Narra el viaje, y su vida en los distintos asentamientos donde aparca su furgoneta, de Fern (Frances McDormand), quien tras quedar viuda y ver como su pueblo desaparece tras el cierre de una fábrica (literal, el lugar se esfuma, hasta el código postal es borrado, sólo quedan casas vacías sin ni siquiera fantasmas del pasado) se suma a ese grupo de personas que, en situaciones muy similares a la suya, han decidido no gastar las últimas onzas de vida que les quedan intentando malvivir con pensiones tan escasas que son insultantes o de poder morir dignamente en un hospital, porque hasta ese trance se ha convertido en un carísimo lujo. Y han terminado por conformar un colectivo (con nombre propio, los «workampers»), que recorren el país de trabajo precario en trabajo precario (si quieren saber cómo funciona, por ejemplo, Amazon, pasen y vean), recorriendo el país de parte a parte, viviendo en sus caravanas, siempre alejados de núcleos urbanos en campamentos que improvisan y donde se establecen bellísimas afinidades partiendo de las más desgarradoras tristezas.

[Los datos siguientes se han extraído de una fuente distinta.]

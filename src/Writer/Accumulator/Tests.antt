-- ===== src/Writer/Accumulator/Tests.antt =====
-- A run of the accumulator, and the theorems at it.
use external_database_audit.Base.{
  ◌+◌, ◌≡◌, String, refl, Bool, none, some, List, [], ◌∷◌, map, str_eq, if◌then◌else◌,
}
use external_database_audit.Base.Dict
use external_database_audit.Base.Lists.{All}
use external_database_audit.Base.Platform.{Platform}
use external_database_audit.Base.Result.{ok, err}
use external_database_audit.Canonical.Hash
use external_database_audit.Canonical.Json
use external_database_audit.Cce.{Cce}
use external_database_audit.Cce.Order
use external_database_audit.Cce.Order.{gtid_number}
use external_database_audit.Evidence.Fixture
use external_database_audit.Evidence.Fixture.{event, token}
use external_database_audit.Writer.Sealing
use external_database_audit.Writer.Sealing.{SealReady, SealError, count}
use external_database_audit.Writer.Accumulator
use external_database_audit.Writer.Accumulator.{
  SegmentCaps, Call, adding, sweeping, run, next_of, Called, create,
}
use external_database_audit.Writer.Accumulator.Shape.{total}
use external_database_audit.Writer.Accumulator.Keeping.{count_sealed, IsReady, Numbered, Fits}
use external_database_audit.Writer.Accumulator.Kept.{run-conserves, run-within_caps, run-Numbered}
use external_database_audit.Writer.Accumulator.Total.{run-total}

-- "late" is 100 milliseconds after all else
abbrev platform : Platform
platform = record Fixture.platform {
  date_parse = λ s. if str_eq s "late" then some 100 else some 0;
}

abbrev caps : SegmentCaps
caps = record { max_events = 2; max_age_ms = 50 }

abbrev new : Accumulator.Accumulator
new = record { opened = []; next_seq = [] }

-- two objects fill a segment, the third is swept, the fourth stays
abbrev calls : List Call
calls =
    adding (event "b" none) "early" "early"
    ∷ adding (event "a" none) "early" "early"
    ∷ adding (event "c" none) "early" "early"
    ∷ sweeping "late"
    ∷ adding (event "d" none) "late" "late"
    ∷ []

abbrev first_ids : Called → List String
first_ids (ok (acc, out)) = map (λ s. s.input.first_envelope_id) out
first_ids (err e) = []

two_sealed : first_ids (run platform caps calls new) ≡ "a" ∷ "c" ∷ []
unfolding run Accumulator.step Accumulator.add Accumulator.put_found Accumulator.put_in
    Accumulator.seal_then Accumulator.seal Accumulator.seal_ordered Accumulator.sweep
    Accumulator.sweep_entries Accumulator.aged Accumulator.open_segment Accumulator.admit
    Sealing.sealed_with Dict.get Dict.set Dict.delete Order.order_cces Order.compare_cce
    Order.compare_keys Order.offset_tuple Order.text_lt Order.compare_epochs Order.cmp_str
    Order.compare_ties Order.row_key_hash Hash.is_hash_token Json.serialize_canonical Json.write
two_sealed = refl

-- the number of a GTID set of one server, and of a range
gtid_numbers : gtid_number "3e11fa47-71ca:5" + gtid_number "3e11fa47-71ca:3-9" ≡ 8
unfolding gtid_number
gtid_numbers = refl

-- in "0-1-270", of MariaDB, it is the number of the server, and not that of the transaction
mariadb_number : gtid_number "0-1-270" ≡ 1
unfolding gtid_number
mariadb_number = refl

abbrev left_of : Called → Accumulator.Accumulator
left_of (ok (acc, out)) = acc
left_of (err e) = new

abbrev out_of : Called → List SealReady
out_of (ok (acc, out)) = out
out_of (err e) = []

abbrev left : Accumulator.Accumulator
left = left_of (run platform caps calls new)

abbrev out : List SealReady
out = out_of (run platform caps calls new)

abbrev is_c : Cce → Bool
is_c e = str_eq e.envelope_id "c"

run-conserves_example : total is_c left.opened + count_sealed is_c out ≡ 1
unfolding create run Accumulator.step Accumulator.add Accumulator.put_found Accumulator.put_in
    Accumulator.seal_then Accumulator.seal Accumulator.seal_ordered Accumulator.sweep
    Accumulator.sweep_entries Accumulator.aged Accumulator.open_segment Accumulator.admit
    Sealing.sealed_with Dict.get Dict.set Dict.delete Order.order_cces Order.compare_cce
    Order.compare_keys Order.offset_tuple Order.text_lt Order.compare_epochs Order.cmp_str
    Order.compare_ties Order.row_key_hash Hash.is_hash_token Json.serialize_canonical Json.write
run-conserves_example = run-conserves platform caps new left calls out is_c refl refl

run-within_caps_example : All (IsReady 2) out × Fits 2 left
unfolding create run Accumulator.step Accumulator.add Accumulator.put_found Accumulator.put_in
    Accumulator.seal_then Accumulator.seal Accumulator.seal_ordered Accumulator.sweep
    Accumulator.sweep_entries Accumulator.aged Accumulator.open_segment Accumulator.admit
    Sealing.sealed_with Dict.get Dict.set Dict.delete Order.order_cces Order.compare_cce
    Order.compare_keys Order.offset_tuple Order.text_lt Order.compare_epochs Order.cmp_str
    Order.compare_ties Order.row_key_hash Hash.is_hash_token Json.serialize_canonical Json.write
run-within_caps_example = run-within_caps platform caps new left calls out refl refl

run-Numbered_example : Numbered "db" 0 (next_of "db" left) out
unfolding create run Accumulator.step Accumulator.add Accumulator.put_found Accumulator.put_in
    Accumulator.seal_then Accumulator.seal Accumulator.seal_ordered Accumulator.sweep
    Accumulator.sweep_entries Accumulator.aged Accumulator.open_segment Accumulator.admit
    Sealing.sealed_with Dict.get Dict.set Dict.delete Order.order_cces Order.compare_cce
    Order.compare_keys Order.offset_tuple Order.text_lt Order.compare_epochs Order.cmp_str
    Order.compare_ties Order.row_key_hash Hash.is_hash_token Json.serialize_canonical Json.write
run-Numbered_example = run-Numbered platform caps new left calls out "db" refl refl

run-total_example :
    (end : Accumulator.Accumulator) × (sealed : List SealReady) × (run platform caps calls new
      ≡ ok (end, sealed))
unfolding create Accumulator.admit Hash.is_hash_token
run-total_example = run-total platform caps new calls refl refl
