-- ===== src/Writer/Establish/Tests.antt =====
-- The chain of a segment of two events is established, and the theorem at it.
use external_database_audit.Base.{◌≡◌, refl, true, none, [], ◌∷◌, map}
use external_database_audit.Base.Result.{ok}
use external_database_audit.Base.Sort.{sort, insert}
use external_database_audit.Base.Text.{decimal}
use external_database_audit.Canonical.Json
use external_database_audit.Canonical.Hash
use external_database_audit.Canonical.Hash.{genesis_row_hash}
use external_database_audit.Cce.Core.{core_json}
use external_database_audit.Cce.Verify.{recompute_event_hash}
use external_database_audit.Evidence.{SegmentInput}
use external_database_audit.Evidence.Chain.{verify_segment_chain}
use external_database_audit.Evidence.Fixture.{platform, segment, event, token}
use external_database_audit.Writer.Establish
use external_database_audit.Writer.Establish.{relink, rechained, establish_chain}
use external_database_audit.Writer.Establish.Sound.{establish_chain-verifies}

establish_chain-verifies_example :
    (out : SegmentInput) × (establish_chain platform segment genesis_row_hash ≡ ok out)
    × ((verify_segment_chain platform (record {
      object_list = out.object_list;
      object_hash_list = out.object_hash_list;
      objects = out.objects;
    })).passed
        ≡ true)
    × (map core_json out.objects ≡ map core_json segment.objects)
unfolding recompute_event_hash Hash.is_hash_token Hash.hash_value Hash.event_hash
    Json.serialize_canonical Json.write Json.write_object Json.check_duplicates Json.write_entries
    sort insert decimal core_json
establish_chain-verifies_example =
    establish_chain-verifies platform segment genesis_row_hash (λ s. refl) refl (λ e. cc)
      ((refl, refl), refl, refl, ((refl, refl), refl, refl, tt))

abbrev sealed_events : SegmentInput
sealed_events =
    rechained segment
      (relink (event "a" none) genesis_row_hash token ∷ relink (event "b" none) token token ∷ [])

establish_run : establish_chain platform segment genesis_row_hash ≡ ok sealed_events
unfolding establish_chain Establish.chain_from Hash.row_hash Hash.assert_hash_token
    Hash.is_hash_token
establish_run = refl
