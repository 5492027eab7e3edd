-- ===== src/Lib.antt =====
-- The coordinator, the client and the bot of blindjoin: rounds of CoinJoin with blind signatures.
--
-- Participants register inputs with a proof of ownership and get a blind signature on a token; redeem
-- the token anonymously for an output of the denomination; and sign the one transaction of the round,
-- which the coordinator broadcasts. A monitor starts rounds and ends each phase by a timer; those who
-- fail to sign are banned.
--
-- The files follow the crates. Prelude holds what the parts share: Boolean tests, lists over the
-- native numbers, machine words (a u32 or u64 is a number, with its wrap-around written out), results
-- with their `?`, equality as an interface, and a hash map as the list of its entries in the order of
-- its iteration. External is one record of the functions of other crates (bitcoin, bip322,
-- blind_rsa_signatures, hashes, encodings) and a few laws about them; a theorem names the laws it uses.
-- External.Keys and External.Blind are the functions that only a client calls: those that sign, and
-- those that blind a token.
--
--   Shared        shared/src: script types and proofs (bip322/), errors.rs, protocol.rs, token.rs
--   Coordinator   coordinator/src, by file:
--     Config        config.rs, with Defaults
--     Fee, Tx       bitcoin/fee.rs and bitcoin/tx.rs; the children of Tx are about the share of the
--                   fee, the funds, the order of inputs, the PSBT and the conservation of value
--     Utxo          bitcoin/utxo.rs
--     SigVerify     bitcoin/sig_verify.rs
--     Round.State   round/state.rs, with the transition graph
--     Round.*       round/manager.rs, input_reg.rs, output_reg.rs, signing.rs (Signing under the
--                   lock, Finalize off it) and blame.rs
--     Api           api/handlers.rs, a module per handler, and Limits (api/middleware.rs)
--     Discovery     discovery/pkarr_pub.rs: the fields of the published record
--     Monitor       the loop and the timers of run.rs
--     Startup       the start in run.rs; Sound is about its panics, Kept, Steps and Restart about the
--                   bans of a process that stops and starts again
--     System        all steps of the coordinator in any order, and what holds in every state: Wf and
--                   Reachable are its invariant, Spec and Refines the round as it looks from outside,
--                   Expiry the timers, Answers the handlers without their panics
--   Client        client/src: Wallet (wallet.rs, with Create its constructors and Proof its proofs),
--                 Discover (discover.rs), round/ as Register (round/input.rs), Input (the envelope of
--                 a proof), Output and Sign (the checks before signing), Http (http.rs) and Main
--                 (main.rs, one client through a round)
--   Bot           liquidity-bot/src: Strategy (strategy.rs), Run (lib.rs) and Env (main.rs)
--   Tests         runs at concrete inputs, with small stand-ins for the functions of External
--
-- A function that changes the round takes the state and returns the new one beside its answer. A
-- handler is split at its write lock: what it saw before is an argument of its own, so that any other
-- steps can lie between. Fresh identifiers, keys, the clock and the answers of the node are arguments.
-- An error is a value; a panic (`expect`, an index) is an error of its own. Messages of errors and logs
-- are left out. The one fuel is that of the decimal digits of a number, a unit more than the number.
-- The loop that sends a request again is recursion on the retries that are left, and the polling for a
-- phase is recursion on the responses that come; where they end, no further response comes in time.
--
-- Not modelled: the cryptography, JSON, Tor and the sockets of HTTP, the zeroing of secrets in memory,
-- the buckets of the rate limits.
pub mod Prelude
pub mod External
pub mod Shared
pub mod Coordinator
pub mod Client
pub mod Bot
pub mod Tests
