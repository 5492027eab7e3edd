-- ===== src/Bot.antt =====
-- The crate liquidity-bot/.
pub mod Strategy
pub mod Run
pub mod Env
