-- ===== src/Prelude/Words.antt =====
-- Unsigned machine words as native numbers, wrapping as a release build does.
use Prim.Native.Nat.{ℕ, ◌+◌, ◌-◌, ◌*◌, ◌%◌, ◌^◌, ◌≤◌, ◌<◌}
use mathlib.Core.Path.{◌≡◌, refl}
use mathlib.Core.List.{List, [], ◌∷◌}
use native.Mathlib.Omega.{arith}
use blindjoin.Prelude.Tests.{ltb, if◌then◌else◌}
use blindjoin.Prelude.Lists.{sum}

abbrev pub u32_max : ℕ
u32_max = 2 ^ 32 - 1

abbrev pub u64_max : ℕ
u64_max = 2 ^ 64 - 1

unfoldable pub add32 : ℕ → ℕ → ℕ
add32 a b = (a + b) % 2 ^ 32

unfoldable pub add64 : ℕ → ℕ → ℕ
add64 a b = (a + b) % 2 ^ 64

unfoldable pub sub64 : ℕ → ℕ → ℕ
sub64 a b = (a + 2 ^ 64 - b) % 2 ^ 64

unfoldable pub mul64 : ℕ → ℕ → ℕ
mul64 a b = (a * b) % 2 ^ 64

-- `saturating_add` and `saturating_mul` of u64
unfoldable pub sat_add64 : ℕ → ℕ → ℕ
sat_add64 a b = if ltb u64_max (a + b) then u64_max else a + b

unfoldable pub sat_mul64 : ℕ → ℕ → ℕ
sat_mul64 a b = if ltb u64_max (a * b) then u64_max else a * b

-- `iter().sum::<u64>()`
unfoldable pub sum64 : List ℕ → ℕ
sum64 [] = 0
sum64 (x ∷ xs) = add64 x (sum64 xs)

pub add32-eq : (a b : ℕ) → a + b < 2 ^ 32 → add32 a b ≡ a + b
unfolding add32
add32-eq a b h = omega arith

pub add64-eq : (a b : ℕ) → a + b < 2 ^ 64 → add64 a b ≡ a + b
unfolding add64
add64-eq a b h = omega arith

pub sub64-eq : (a b : ℕ) → b ≤ a → a < 2 ^ 64 → sub64 a b ≡ a - b
unfolding sub64
sub64-eq a b h k = omega arith

pub mul64-eq : (a b : ℕ) → a * b < 2 ^ 64 → mul64 a b ≡ a * b
unfolding mul64
mul64-eq a b h = omega arith

pub sum64-eq : (xs : List ℕ) → sum xs < 2 ^ 64 → sum64 xs ≡ sum xs
unfolding sum64 add64
sum64-eq [] h = refl
sum64-eq (x ∷ xs) h = omega (arith, sum64-eq xs (omega arith))

-- Wrapping only loses value.
pub sum64-le : (xs : List ℕ) → sum64 xs ≤ sum xs
unfolding sum64 add64
sum64-le [] = omega arith
sum64-le (x ∷ xs) = omega (arith, sum64-le xs)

Y esas figuras (junto con los grandes espacios abiertos y los paisajes interminables) acaban adquiriendo un aire no por desusado menos pertinente, como todos aquellos que en otros tiempos buscaban el amparo de las últimas fronteras, «outsiders», de ahí que «Nomadland» tenga a veces no pocos visos de western crepuscular (de hecho la luz del amanecer o del atardecer acaban por ser también protagonistas de esta soberbia película, como las montañas o los árboles milenarios, tan impresionantes como las personas que los recorren).
Tarde o temprano, hay que volver a la carretera.
Filmada con acertadísima lucidez al mezclar lo que hay de ficción con lo estrictamente documental (de hecho, muchos de los personajes se interpretan a sí mismos), de un modo en el que finalmente no hay manera de distinguirlos, Chloé Zhao, tan partícipe de este viaje como otro nómada más, no se permite la menor filigrana fílmica o estilística. Como todo en la película, ella también parece huir, permanecer escondida, eludir los pasajes poblados, escapar de lo establecido, renegar de lo trillado, hallar el modo de pasar completamente desapercibida, hallar sosiego y refugio en las confidencias y una soledad que no daña, que parece la aliada más fiable para no flaquear en el movimiento incesante y reparador. Cuánto más inabarcable resulta el paisaje, más acogedor resulta. Incluso renuncia a incluir una banda sonora original que pudiera aportar cualquier tono o visión distinta a la planteada y se limita a incluir piezas de Ludovico Einaudi, como un sobrio complemento a unas imágenes donde primeros planos y distancias infinitas tienen exactamente el mismo protagonismo.
Y para ponerle piel y alma a todo esto,
Frances McDormand. Tan sólo por ella, es una película imprescindible. No cuenta con grandes secuencias, ni apasionados diálogos, no hay escenas decisivas, ni momentos para el lucimiento. No tiene margen ni un mínimo asidero  Y sin embargo, es imposible apartar la mirada de ella. Cada gesto, cada movimiento, la manera en la que roza a los que están a su lado, cada frase, por breve o casi imperceptible que sea, acaban por conformar una interpretación que sobrecoge por su perfección a la hora de señalarnos hasta el más mínimo matiz de su personaje. Pocos silencios tan locuaces se han visto en pantalla. Darle pátina como otra de sus genialidades es quedarse muy lejos del alcance de su entrega. Y todo ese despliegue de asombroso talento rodeada en su mayor parte por actores no profesionales (aunque por ahí también aparezca un grande como David Strathairn, que siempre es más que bienvenido) sin que haya forma de establecer diferencias entre ellos. Como ya ocurriera con sus trabajos en, por ejemplo, «Fargo» o «Tres anuncios en las afueras», dejará un recuerdo imbatible en la memoria del espectador.
La película está dedicada a «aquellos que tuvieron que irse».
Ahora un giro creativo y vibrante nos permite reencontrarnos con ellos (casi todos tenemos a alguien que se ha ido) a este lado de la carretera.
Una oportunidad que sería muy amargo e injusto no aprovechar.